# Plants pearling like crazy but only after water changes



## neumahrs (Jan 12, 2010)

I've noticed that every time i do water changes my plants start pearling like crazy and makes my tank look like its been filled with 7-up. Kinda curious as to why that happens.


----------



## flowmsp (Feb 6, 2010)

Pretty sure its the o2 in the water that clings to the plants when doing WCs.


----------



## neumahrs (Jan 12, 2010)

Well its streams of bubbles coming from the leaves and not just bubbles stuck on the leaves.


----------



## Darkblade48 (Jan 4, 2008)

Tap water has a lot of dissolved gases in it, and causes "false pearling" after you do a water change.

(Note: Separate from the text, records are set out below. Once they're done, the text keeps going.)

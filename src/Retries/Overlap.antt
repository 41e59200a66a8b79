-- ===== src/Retries/Overlap.antt =====
-- server/job/executor.go: calls of scheduleRetry for one job that may overlap. Nothing else writes the
-- row here: the hourly pass of server/job/history_service.go and a change of the configuration, which
-- do, are not modelled.
use solocoder_6069_go_drive.Common.{ℕ, List, ◌∷◌, ◌++◌, ◌≡◌}
use solocoder_6069_go_drive.Retries.{
  RetryState, QueryFailures, Retrying, Progressed, goes_on, answers, read_retry, proceed,
}

-- The rows, and what is left of the calls that have read their row and not answered yet.
pub record RetryCalls : Type 0 where
  pub rows : RetryState
  pub calls : List Retrying

unfoldable pub still_open : Progressed → List Retrying → List Retrying
still_open (goes_on p) calls = p ∷ calls
still_open (answers b) calls = calls

-- A failed run calls scheduleRetry, which reads the row.
unfoldable pub start_retry : QueryFailures → ℕ → ℕ → RetryCalls → RetryCalls
unfolding still_open read_retry
start_retry x now id w = record w { calls = still_open (read_retry x now id w.rows.config) w.calls }

-- One of the open calls makes its next query.
unfoldable pub continue_retry :
    QueryFailures → List Retrying → Retrying → List Retrying → RetryCalls → RetryCalls
unfolding still_open proceed
continue_retry x before p rest w =
    let (q, rows) = proceed x p w.rows in
    record { rows = rows; calls = still_open q (before ++ rest) }

pub data RetryStep : RetryCalls → RetryCalls → Type 0 where
  starts : (x : QueryFailures) (now id : ℕ) {w : RetryCalls} → RetryStep w (start_retry x now id w)
  continues :
      (x : QueryFailures) (before : List Retrying) (p : Retrying) (rest : List Retrying)
      {w : RetryCalls}
      → w.calls ≡ before ++ (p ∷ rest)
      → RetryStep w (continue_retry x before p rest w)

pub data RetrySteps : RetryCalls → RetryCalls → Type 0 where
  no_more : {w : RetryCalls} → RetrySteps w w
  after_step : {u v w : RetryCalls} → RetryStep u v → RetrySteps v w → RetrySteps u w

In addition, if you are observing a stream of bubbles from the plant, then it likely indicates that the plant was damaged there, and is "leaking" gas.


----------



## feral13 (Jan 17, 2006)

Plus the colder water holds more oxygen.


----------



## Geniusdudekiran (Dec 6, 2010)

I agree with all of these guys. I noticed that same effect the other day on my WC


----------



## neumahrs (Jan 12, 2010)

Ok that makes sense, I still have some emersed growth thats melting away.


----------



## wkndracer (Mar 14, 2009)

Bubbles? Bubbles would be nice but my darn fish breed it seems with every water change and I continually run out of tank space:fish:


----------



## Captivate05 (Feb 23, 2010)

wkndracer said:


> Bubbles? Bubbles would be nice but my darn fish breed it seems with every water change and I continually run out of tank space:fish:


LOL, mine breed whenever the lights turn on, but the shrimp are eating all the eggs now.

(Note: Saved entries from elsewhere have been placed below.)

-- ===== src/Retries/Bound.antt =====
-- server/job/executor.go: the counts of the retries that are planned, however the calls overlap.
use native.Mathlib.Omega.{arith}
use solocoder_6069_go_drive.Common.{
  subst, ℕ, ◌+◌, ◌≤◌, leb, List, [], ◌∷◌, ◌++◌, All, Option, none, some, ◌≡◌, refl, sym, inl, inr,
  Bool-cases,
}
use solocoder_6069_go_drive.Retries.{
  RetryConfig, RetryState, QueryFailures, Retrying, marking, counting, timing, Progressed, goes_on,
  answers, mark_as_dead_letter, decide_retry, read_retry, count_row, time_row, proceed,
}
use solocoder_6069_go_drive.Retries.Overlap.{
  RetryCalls, still_open, start_retry, continue_retry, RetryStep, starts, continues, RetrySteps,
  no_more, after_step,
}

-- The count of a retry that may be planned: above low, and at most high.
abbrev pub IsCount : ℕ → ℕ → ℕ → Type 0
IsCount low high n = (low + 1 ≤ n) × (n ≤ high)

-- The row, if there still is one, has the maximum high and a count between low and high.
abbrev pub IsRow : ℕ → ℕ → Option RetryConfig → Type 0
IsRow low high none = Unit
IsRow low high (some c) = (c.max_retries ≡ high) × (low ≤ c.retry_count) × (c.retry_count ≤ high)

abbrev IsOpen : ℕ → ℕ → Retrying → Type 0
IsOpen low high (marking id) = Unit
IsOpen low high (counting count at) = IsCount low high count
IsOpen low high (timing count at) = IsCount low high count

abbrev IsNext : ℕ → ℕ → Progressed → Type 0
IsNext low high (goes_on p) = IsOpen low high p
IsNext low high (answers b) = Unit

abbrev pub ArePlanned : ℕ → ℕ → List (ℕ × ℕ) → Type 0
ArePlanned low high plans = All (λ p. IsCount low high p.1) plans

abbrev AreRows : ℕ → ℕ → RetryState → Type 0
AreRows low high s = IsRow low high s.config × ArePlanned low high s.planned

abbrev IsBounded : ℕ → ℕ → RetryCalls → Type 0
IsBounded low high w = AreRows low high w.rows × All (IsOpen low high) w.calls

decide_retry-IsNext :
    (low high now id : ℕ) (c : RetryConfig)
    → IsRow low high (some c)
    → IsNext low high (decide_retry now id c)
unfolding decide_retry
decide_retry-IsNext low high now id c (m, l, h) = elim (Bool-cases c.retry_enabled) [
  | inr e ↦ rw e tt
  | inl e ↦ elim (Bool-cases (leb c.max_retries c.retry_count)) [
    | inl f ↦ rw (e, f) tt
    | inr f ↦
        let a : low + 1 ≤ c.retry_count + 1 = omega arith in
        let b : c.retry_count + 1 ≤ high = ground arith in rw (e, f) (a, b)
  ]
]

read_retry-IsNext :
    (low high : ℕ) (x : QueryFailures) (now id : ℕ) (o : Option RetryConfig)
    → IsRow low high o
    → IsNext low high (read_retry x now id o)
unfolding read_retry
read_retry-IsNext low high x now id none h = tt
read_retry-IsNext low high x now id (some c) h = elim (Bool-cases x.get_fails) [
  | inl e ↦ rw e tt
  | inr e ↦ rw e (decide_retry-IsNext low high now id c h)
]

count_row-IsRow :
    (low high n : ℕ) (o : Option RetryConfig)
    → IsCount low high n
    → IsRow low high o
    → IsRow low high (count_row n o)
unfolding count_row
count_row-IsRow low high n none q r = tt
count_row-IsRow low high n (some c) (l, h) (m, a, b) = (m, omega arith, h)

time_row-IsRow :
    (low high at : ℕ) (o : Option RetryConfig) → IsRow low high o → IsRow low high (time_row at o)
unfolding time_row
time_row-IsRow low high at none r = tt
time_row-IsRow low high at (some c) r = r

mark-AreRows :
    (low high : ℕ) (x : QueryFailures) (id : ℕ) (s : RetryState)
    → AreRows low high s
    → AreRows low high (mark_as_dead_letter x id s)
unfolding mark_as_dead_letter
mark-AreRows low high x id s h = elim (Bool-cases x.mark_fails) [ inl e ↦ rw e h | inr e ↦ rw e h ]

proceed-AreRows :
    (low high : ℕ) (x : QueryFailures) (p : Retrying) (s : RetryState)
    → IsOpen low high p
    → AreRows low high s
    → IsNext low high (proceed x p s).0 × AreRows low high (proceed x p s).1
unfolding proceed
proceed-AreRows low high x (marking id) s q h = (tt, mark-AreRows low high x id s h)
proceed-AreRows low high x (counting count at) s q (r, d) = elim (Bool-cases x.count_fails) [
  | inl e ↦ rw e (tt, (r, d))
  | inr e ↦ rw e (q, (count_row-IsRow low high count s.config q r, d))
]
proceed-AreRows low high x (timing count at) s q (r, d) = elim (Bool-cases x.next_fails) [
  | inl e ↦ rw e (tt, (r, d))
  | inr e ↦ rw e (tt, (time_row-IsRow low high at s.config r, (q, d)))
]

still_open-All :
    (low high : ℕ) (q : Progressed) (calls : List Retrying)
    → IsNext low high q
    → All (IsOpen low high) calls
    → All (IsOpen low high) (still_open q calls)
unfolding still_open
still_open-All low high (goes_on p) calls n h = (n, h)
still_open-All low high (answers b) calls n h = h

-- One call that is taken out of the open ones, and the others.
All-taken :
    (low high : ℕ) (before : List Retrying) (p : Retrying) (rest : List Retrying)
    → All (IsOpen low high) (before ++ (p ∷ rest))
    → IsOpen low high p × All (IsOpen low high) (before ++ rest)
All-taken low high [] p rest h = h
All-taken low high (b ∷ before) p rest (q, h) =
    let (one, others) = All-taken low high before p rest h in (one, (q, others))

RetryStep-IsBounded :
    (low high : ℕ) (v w : RetryCalls) → RetryStep v w → IsBounded low high v → IsBounded low high w
RetryStep-IsBounded low high v w (starts x now id) (h, o) =
    unfold start_retry in
    (
      h,
      still_open-All low high (read_retry x now id v.rows.config) v.calls
          (read_retry-IsNext low high x now id v.rows.config h.0) o,
    )
RetryStep-IsBounded low high v w (continues x before p rest e) (h, o) =
    let (one, others) = All-taken low high before p rest (subst (All (IsOpen low high)) e o) in
    let (next, rows) = proceed-AreRows low high x p v.rows one h in
    unfold continue_retry in
    (rows, still_open-All low high (proceed x p v.rows).0 (before ++ rest) next others)

RetrySteps-IsBounded :
    (low high : ℕ) (v w : RetryCalls) → RetrySteps v w → IsBounded low high v → IsBounded low high w
RetrySteps-IsBounded low high v w no_more b = b
RetrySteps-IsBounded low high v w (after_step {v = u} s rest) b =
    RetrySteps-IsBounded low high u w rest (RetryStep-IsBounded low high v u s b)

-- For a job with a row whose retry count is not above its maximum, when no call of scheduleRetry for it
-- is open and no retry planned: whatever calls of scheduleRetry for it come, overlapping or not, with
-- whatever failures of their queries, each retry that they plan has a count above the row's at the
-- start and at most its maximum, and the row keeps its maximum and a count between the two.
pub RetrySteps-bounded :
    (v w : RetryCalls) (c : RetryConfig)
    → RetrySteps v w
    → v.rows.config ≡ some c
    → v.rows.planned ≡ []
    → v.calls ≡ []
    → c.retry_count ≤ c.max_retries
    → ArePlanned c.retry_count c.max_retries w.rows.planned
      × IsRow c.retry_count c.max_retries w.rows.config
RetrySteps-bounded v w c steps row plans none_open l =
    let ((r, p), o) = RetrySteps-IsBounded c.retry_count c.max_retries v w steps (
      (
        subst (IsRow c.retry_count c.max_retries) (sym row) (refl, omega arith, l),
        subst (ArePlanned c.retry_count c.max_retries) (sym plans) tt,
      ),
      subst (All (IsOpen c.retry_count c.max_retries)) (sym none_open) tt,
    ) in
    (p, r)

My plants actually pearl less on water change day. I don't know why, but the best time to view pearling in the tank is actually two days after water change day. Starts up three hours after the lights turn on and runs until the lights turn off. I guess I shouldn't be worried about the amount of oxygen in my tank if it starts pearling that quickly, huh?


----------



## fishykid1 (Apr 5, 2010)

Captivate05 said:


> LOL, mine breed whenever the lights turn on, but the shrimp are eating all the eggs now.
> 
> My plants actually pearl less on water change day. I don't know why, but the best time to view pearling in the tank is actually two days after water change day. Starts up three hours after the lights turn on and runs until the lights turn off. I guess I shouldn't be worried about the amount of oxygen in my tank if it starts pearling that quickly, huh?

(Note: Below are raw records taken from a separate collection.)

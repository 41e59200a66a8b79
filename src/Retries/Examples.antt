-- ===== src/Retries/Examples.antt =====
-- A job that may be run again twice, and two failed runs of it whose calls overlap.
use native.Mathlib.Omega.{arith}
use solocoder_6069_go_drive.Common.{true, false, [], ◌∷◌, some, ◌≡◌, refl}
use solocoder_6069_go_drive.Retries.{
  RetryConfig, QueryFailures, counting, timing, answers, schedule_retry,
}
use solocoder_6069_go_drive.Retries.Overlap.{
  RetryCalls, start_retry, continue_retry, starts, continues, RetrySteps, no_more, after_step,
}
use solocoder_6069_go_drive.Retries.Bound.{IsRow, ArePlanned, RetrySteps-bounded}

abbrev config : RetryConfig
config = record {
  retry_enabled = true;
  retry_interval_minutes = 5;
  max_retries = 2;
  retry_count = 0;
  next_retry_at = 0;
}

abbrev idle : RetryCalls
idle = record {
  rows = record { config = some config; dead_letters = []; planned = [] };
  calls = [];
}

abbrev works : QueryFailures
works = record { get_fails = false; mark_fails = false; count_fails = false; next_fails = false }

-- Both runs read the row, and then both write it.
abbrev first_read : RetryCalls
first_read = start_retry works 1000 1 idle

abbrev second_read : RetryCalls
second_read = start_retry works 2000 2 first_read

abbrev first_counted : RetryCalls
first_counted = continue_retry works [] (counting 1 302000) (counting 1 301000 ∷ []) second_read

abbrev first_timed : RetryCalls
first_timed = continue_retry works [] (timing 1 302000) (counting 1 301000 ∷ []) first_counted

abbrev second_counted : RetryCalls
second_counted = continue_retry works [] (counting 1 301000) [] first_timed

abbrev second_timed : RetryCalls
second_timed = continue_retry works [] (timing 1 301000) [] second_counted

overlaps : RetrySteps idle second_timed
unfolding start_retry continue_retry
overlaps = after_step (starts works 1000 1) (
    after_step (starts works 2000 2) (
      after_step (continues works [] (counting 1 302000) (counting 1 301000 ∷ []) refl) (
        after_step (continues works [] (timing 1 302000) (counting 1 301000 ∷ []) refl) (
          after_step (continues works [] (counting 1 301000) [] refl)
            (after_step (continues works [] (timing 1 301000) [] refl) no_more)))))

RetrySteps-bounded_example :
    ArePlanned 0 2 second_timed.rows.planned × IsRow 0 2 second_timed.rows.config
RetrySteps-bounded_example =
    RetrySteps-bounded idle second_timed config overlaps refl refl refl (omega arith)

-- Both plan the first retry.
plans_twice : second_timed.rows.planned ≡ (301000, 1) ∷ (302000, 1) ∷ []
unfolding start_retry continue_retry
plans_twice = refl

-- A call that nothing interrupts.
plans_once : (schedule_retry works 1000 1 idle.rows).0 ≡ answers true
unfolding schedule_retry
plans_once = refl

False, Oxygen can still be low even if plants are pearling. Check out Tom Barr's post on it. Oxygen is just as important as co2.


----------



## Captivate05 (Feb 23, 2010)

fishykid1 said:


> False, Oxygen can still be low even if plants are pearling. Check out Tom Barr's post on it. Oxygen is just as important as co2.


You want to post that link? I'd love to read it.

I'm pretty well aware that oxygen is important. Who isn't?

Anything else you want to jump on me for?


----------



## fishykid1 (Apr 5, 2010)

Captivate05 said:


> You want to post that link? I'd love to read it.
> 
> I'm pretty well aware that oxygen is important. Who isn't?
> 
> Anything else you want to jump on me for?


wasn't jumping. Sorry if it came across. 

Just because a plant pearls doesn't mean that it's 100% oxygen. Most of it is, but not all. It's better to have some oxygen from the atmosphere to come in and help out as well.


Post number 5,9. Mentions that oxygen and co2 are just as important as one another.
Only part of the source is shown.